▶ WHAT TO WORK ON:
Wherever a line in the material contains the word "Type", copy that line.
*** Opening AVAILABLE RECORDS ***
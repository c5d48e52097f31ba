-- ===== src/Redlock/Quorum/Content.antt =====
-- What errors.As and errors.Is find in the error of a quorum operation.
use election_agent.Prelude.{
  ℕ, ◌+◌, ◌≤◌, ◌<◌, String, ◌≡◌, refl, inl, inr, Bool, false, not, ◌&&◌, Option, none, some, List,
  [], ◌∷◌, arith, leb, if◌then◌else◌, Bool-cases, length, count_if, ◌||◌,
}
use mathlib.Core.Path.{subst}
use election_agent.Errors.{
  Error, Errors, nil, cons, snoc, multi, wrap, text, lock_already_expired, redlock_taken,
  node_taken, redis_error, is_multi, Multierror,
}
use election_agent.Errors.Walk.{as_any, as_some, is_expired}
use election_agent.Redlock.Quorum.{
  Reply, Tally, no_replies, short_message, count_reply, conclude, stop_or_go, collect,
  act_status_op,
}
use election_agent.Redlock.Quorum.Verdict.{is_ok, is_taken, taken-count_reply, n-count_reply}

-- A test that does not look at the wrappers that the operation builds.
pub record IsPlain (p : Error → Bool) : Type 0 where
  pub at_text : (m : String) → p (text m) ≡ false
  pub at_wrap : (m : String) (e : Error) → p (wrap m e) ≡ false
  pub at_multi : (es : Errors) → p (multi es) ≡ false

abbrev pub as_opt : (Error → Bool) → Option Error → Bool
as_opt p none = false
as_opt p (some e) = as_any p e

-- The error that a reply adds.
abbrev pub failure_of : ℕ → Option Error → Error
failure_of node none = node_taken node
failure_of node (some e) = if as_any is_expired e then lock_already_expired else redis_error node e

abbrev pub hit : (Error → Bool) → Reply → Bool
hit p r = not r.status_ok && as_any p (failure_of r.node r.err)

abbrev pub hits : (Error → Bool) → List Reply → Bool
hits p [] = false
hits p (r ∷ rs) = hit p r || hits p rs

abbrev Seen : (Error → Bool) → Option Error → Bool → Type 0
Seen p none b = b ≡ false
Seen p (some (multi es)) b = as_some p es ≡ b
Seen p (some _) b = ⊥

as_some-snoc :
    (p : Error → Bool) (es : Errors) (e : Error)
    → as_some p (snoc es e) ≡ as_some p es || as_any p e
unfolding as_any
as_some-snoc p nil e = ground arith
as_some-snoc p (cons d ds) e = ground (arith, as_some-snoc p ds e)

failure_of-is_multi : (node : ℕ) (err : Option Error) → is_multi (failure_of node err) ≡ false
failure_of-is_multi node none = refl
failure_of-is_multi node (some e) = ground arith

module _ ⦃lib : Multierror⦄ (p : Error → Bool) (plain : IsPlain p) where
  append-Seen :
      (err : Option Error) (e : Error) (b : Bool)
      → is_multi e ≡ false
      → Seen p err b
      → Seen p (some (lib.append err e)) (b || as_any p e)
  unfolding as_any
  append-Seen none e b q g = rw (lib.append-none e q) (ground arith)
  append-Seen (some (multi es)) e b q g =
      rw (lib.append-multi es e q) (ground (arith, as_some-snoc p es e))
  append-Seen (some _) e b q g = absurd g

  count_reply-err :
      (t : Tally) (r : Reply)
      → (count_reply t r).err
        ≡ (if r.status_ok then t.err else some (lib.append t.err (failure_of r.node r.err)))
  unfolding count_reply
  count_reply-err t r = ground arith

  count_reply-Seen :
      (t : Tally) (r : Reply) (b : Bool)
      → Seen p t.err b
      → Seen p (count_reply t r).err (b || hit p r)
  count_reply-Seen t r b g = rw (count_reply-err t r) (elim (Bool-cases r.status_ok) [
    | inl ok ↦ rw ok (subst (Seen p t.err) (ground arith) g)
    | inr ok ↦
        rw ok (append-Seen t.err (failure_of r.node r.err) b (failure_of-is_multi r.node r.err) g)
  ])

  stop_or_go-go :
      (fail_fast : Bool) (q : ℕ) (t : Tally) (rest : ℕ × Option Error)
      → length t.taken < q
      → stop_or_go fail_fast q t rest ≡ rest
  unfolding stop_or_go
  stop_or_go-go fail_fast q t rest h = ground arith

  conclude-as_opt :
      (q n : ℕ) (takers : List ℕ) (err : Option Error) (b : Bool)
      → length takers < q
      → n < q
      → Seen p err b
      → as_opt p (conclude q (record { n = n; taken = takers; err = err })).1 ≡ b
  unfolding conclude as_any
  conclude-as_opt q n takers none b h k g = ground (arith, plain.at_text short_message)
  conclude-as_opt q n takers (some (multi es)) b h k g =
      ground (arith, plain.at_wrap short_message (multi es), plain.at_multi es)
  conclude-as_opt q n takers (some _) b h k g = absurd g

  collect-as_opt :
      (fail_fast : Bool) (q : ℕ) (t : Tally) (rs : List Reply) (b all : Bool)
      → length t.taken + count_if is_taken rs < q
      → t.n + count_if is_ok rs < q
      → Seen p t.err b
      → all ≡ (b || hits p rs)
      → as_opt p (collect fail_fast q t rs).1 ≡ all
  unfolding collect
  collect-as_opt fail_fast q t [] b all h k g a =
      conclude-as_opt q t.n t.taken t.err all (omega arith) (omega arith)
        (subst (Seen p t.err) (ground arith) g)
  collect-as_opt fail_fast q t (r ∷ rs) b all h k g a =
      rw (stop_or_go-go fail_fast q (count_reply t r) _ (ground (arith, taken-count_reply t r))) (
        collect-as_opt fail_fast q (count_reply t r) rs (b || hit p r) all
          (ground (arith, taken-count_reply t r)) (ground (arith, n-count_reply t r))
          (count_reply-Seen t r b g) (ground arith))

  -- Unless a quorum has it taken or granted, the operation's error holds what its replies held.
  pub act_status_op-as_opt :
      (fail_fast : Bool) (q : ℕ) (rs : List Reply)
      → count_if is_taken rs < q
      → count_if is_ok rs < q
      → as_opt p (act_status_op fail_fast q rs).1 ≡ hits p rs
  unfolding act_status_op
  act_status_op-as_opt fail_fast q rs h k =
      collect-as_opt fail_fast q no_replies rs false (hits p rs) (omega arith) (omega arith) refl
        refl

module _ ⦃lib : Multierror⦄ where
  stop_or_go-taken :
      (fail_fast : Bool) (q : ℕ) (t : Tally) (rest : ℕ × Option Error)
      → ((ns : List ℕ) × (rest.1 ≡ some (redlock_taken ns)))
      → (ns : List ℕ) × ((stop_or_go fail_fast q t rest).1 ≡ some (redlock_taken ns))
  unfolding stop_or_go
  stop_or_go-taken fail_fast q t rest (ns, e) =
      elim (Bool-cases (fail_fast && leb q (length t.taken))) [
        | inl b ↦ (t.taken, rw b)
        | inr b ↦ (ns, rw b e)
      ]

  collect-taken :
      (fail_fast : Bool) (q : ℕ) (t : Tally) (rs : List Reply)
      → q ≤ length t.taken + count_if is_taken rs
      → (ns : List ℕ) × ((collect fail_fast q t rs).1 ≡ some (redlock_taken ns))
  unfolding collect conclude
  collect-taken fail_fast q t [] h = (t.taken, ground arith)
  collect-taken fail_fast q t (r ∷ rs) h =
      stop_or_go-taken fail_fast q (count_reply t r) _
        (collect-taken fail_fast q (count_reply t r) rs (ground (arith, taken-count_reply t r)))

  -- If a quorum has it taken, the error is a TakenError itself.
  pub act_status_op-taken :
      (fail_fast : Bool) (q : ℕ) (rs : List Reply)
      → q ≤ count_if is_taken rs
      → (ns : List ℕ) × ((act_status_op fail_fast q rs).1 ≡ some (redlock_taken ns))
  unfolding act_status_op
  act_status_op-taken fail_fast q rs h = collect-taken fail_fast q no_replies rs (omega arith)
*** Closing AVAILABLE RECORDS ***
▶ YOUR SOLUTION:
pub record IsPlain (p : Error → Bool) : Type 0 where
abbrev Seen : (Error → Bool) → Option Error → Bool → Type 0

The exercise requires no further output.